EXERCISE GOAL ▸ Search the listing below for the word "over" and copy each line where it appears.

RECORDS FOR THE TASK ▸
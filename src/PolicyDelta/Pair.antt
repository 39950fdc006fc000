-- ===== src/PolicyDelta/Pair.antt =====
-- check-unifi-delta.py: `validate_pair`.
use home_lab.Prelude.{
  String, Bool, true, false, not, ◌&&◌, ◌||◌, Option, none, some, List, [], ◌∷◌, ◌++◌,
  if◌then◌else◌,
}
use home_lab.Program.{pure, raise, ◌>>=◌}
use home_lab.Json.{
  Json, bool, str, arr, obj, nil, cons, Fields, end, field, get, truthy, iterate, is_hashable,
}
use home_lab.PolicyDelta.{
  Reason, not_allow, disabled, other_protocol, other_version, no_response, other_origin,
  other_return_state, other_forward_state, other_schedule, other_address, other_target,
  inverted_match, other_port, wide_scope, inverted_protocol, bad_value, Check, require, Equality,
  fields_of, subscript,
}

-- REMOTE, INTERNAL
abbrev pub remote : Json
remote = str "6a97a4d7a6bd0ee70a238923"

abbrev pub internal : Json
internal = str "677f0352a46263726567a989"

-- `v is True`
abbrev pub is_true : Json → Bool
is_true (bool b) = b
is_true _ = false

abbrev pub all_hashable : List Json → Bool
all_hashable [] = true
all_hashable (v ∷ vs) = is_hashable v && all_hashable vs

-- `set(v)`, as a list with every item of it
abbrev pub set_of : Json → Check (List Json)
set_of v = elim (iterate v) [
  | none ↦ raise bad_value
  | some vs ↦ if all_hashable vs then pure vs else raise bad_value
]

module _ (equal : Equality) where
  abbrev pub is_among : Json → List Json → Bool
  is_among v [] = false
  is_among v (w ∷ ws) = equal v w || is_among v ws

  abbrev pub is_within : List Json → List Json → Bool
  is_within [] ws = true
  is_within (v ∷ vs) ws = is_among v ws && is_within vs ws

  -- Equality of two sets
  abbrev pub same_set : List Json → List Json → Bool
  same_set vs ws = is_within vs ws && is_within ws vs

-- One comparison of a condition: `d[k] == v`, `d[k] == e[j]`, `d[k] is True`, `not d[k]`,
-- `not d.get(k)`, `set(d[k]) == set(vs)`, and `d[k]` on its own, which has to be there.
pub data Rule : Type 0 where
  is : Json → String → Json → Rule
  same : Json → String → Json → String → Rule
  true_at falsy falsy_or_none present : Json → String → Rule
  set_is : Json → String → List Json → Rule

module _ (equal : Equality) where
  unfoldable pub run_rule : Rule → Reason → Check (Unit {0})
  run_rule (is d k v) reason = subscript d k >>= λ w. require (equal w v) reason
  run_rule (same d k e j) reason =
      subscript d k >>= λ v. subscript e j >>= λ w. require (equal v w) reason
  run_rule (true_at d k) reason = subscript d k >>= λ v. require (is_true v) reason
  run_rule (falsy d k) reason = subscript d k >>= λ v. require (not (truthy v)) reason
  run_rule (falsy_or_none d k) reason =
      fields_of d >>= λ fs. require (not (truthy (get fs k))) reason
  run_rule (present d k) reason = subscript d k >>= λ _. pure tt
  run_rule (set_is d k vs) reason =
      subscript d k >>= λ v. set_of v >>= λ ws. require (same_set equal ws vs) reason

  unfoldable pub run_rules : List (Rule × Reason) → Check (Unit {0})
  run_rules [] = pure tt
  run_rules ((rule, reason) ∷ rules) = run_rule rule reason >>= λ _. run_rules rules

abbrev pub port_rules : Json → Option String → List (Rule × Reason)
port_rules endpoint (some port) =
    (is endpoint "port" (str port), other_port)
    ∷ (is endpoint "port_matching_type" (str "SPECIFIC"), other_port)
    ∷ []
port_rules endpoint none =
    (is endpoint "port_matching_type" (str "ANY"), wide_scope)
    ∷ (falsy_or_none endpoint "match_mac", wide_scope)
    ∷ []

-- The body of the loop over the endpoints
abbrev pub endpoint_rules : Json → Json → Json → Option String → List (Rule × Reason)
endpoint_rules endpoint ips zone port =
    (is endpoint "ips" ips, other_address)
    ∷ (is endpoint "zone_id" zone, other_address)
    ∷ (is endpoint "matching_target" (str "IP"), other_target)
    ∷ (is endpoint "matching_target_type" (str "SPECIFIC"), other_target)
    ∷ (falsy endpoint "match_opposite_ips", inverted_match)
    ∷ (falsy endpoint "match_opposite_ports", inverted_match)
    ∷ port_rules endpoint port

-- The conditions before the loop over the endpoints, and its four endpoints
abbrev pub policy_rules : Json → Json → List (Rule × Reason)
policy_rules forward reply =
    (same forward "action" reply "action", not_allow)
    ∷ (is reply "action" (str "ALLOW"), not_allow)
    ∷ (true_at forward "enabled", disabled)
    ∷ (true_at reply "enabled", disabled)
    ∷ (same forward "protocol" reply "protocol", other_protocol)
    ∷ (is reply "protocol" (str "tcp"), other_protocol)
    ∷ (same forward "ip_version" reply "ip_version", other_version)
    ∷ (is reply "ip_version" (str "IPV4"), other_version)
    ∷ (true_at forward "create_allow_respond", no_response)
    ∷ (same reply "origin_id" forward "_id", other_origin)
    ∷ (is reply "connection_state_type" (str "RESPOND_ONLY"), other_return_state)
    ∷ (
      set_is reply "connection_states" (str "RELATED" ∷ str "ESTABLISHED" ∷ []),
      other_return_state,
    )
    ∷ (is forward "connection_state_type" (str "ALL"), other_forward_state)
    ∷ (falsy forward "connection_states", other_forward_state)
    ∷ (is forward "schedule" (obj (field "mode" (str "ALWAYS") end)), other_schedule)
    ∷ (present forward "source", other_address)
    ∷ (present forward "destination", other_address)
    ∷ (present reply "source", other_address)
    ∷ (present reply "destination", other_address)
    ∷ []

-- `[vip]`
abbrev pub only : String → Json
only vip = arr (cons (str vip) nil)

abbrev pub pair_rules : Fields → Fields → String → Json → List (Rule × Reason)
pair_rules forward reply vip sources =
    policy_rules (obj forward) (obj reply)
    ++ endpoint_rules (get forward "source") sources remote none
    ++ endpoint_rules (get forward "destination") (only vip) internal (some "443")
    ++ endpoint_rules (get reply "source") (only vip) internal (some "443")
    ++ endpoint_rules (get reply "destination") sources remote none
    ++ (falsy_or_none (obj forward) "match_opposite_protocol", inverted_protocol)
      ∷ (falsy_or_none (obj reply) "match_opposite_protocol", inverted_protocol)
      ∷ []

-- `validate_pair`
unfoldable pub validate_pair : Equality → Fields → Fields → String → Json → Check (Unit {0})
validate_pair equal forward reply vip sources =
    run_rules equal (pair_rules forward reply vip sources)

RESPONSE BOX ▸
-- The body of the loop over the endpoints
-- The conditions before the loop over the endpoints, and its four endpoints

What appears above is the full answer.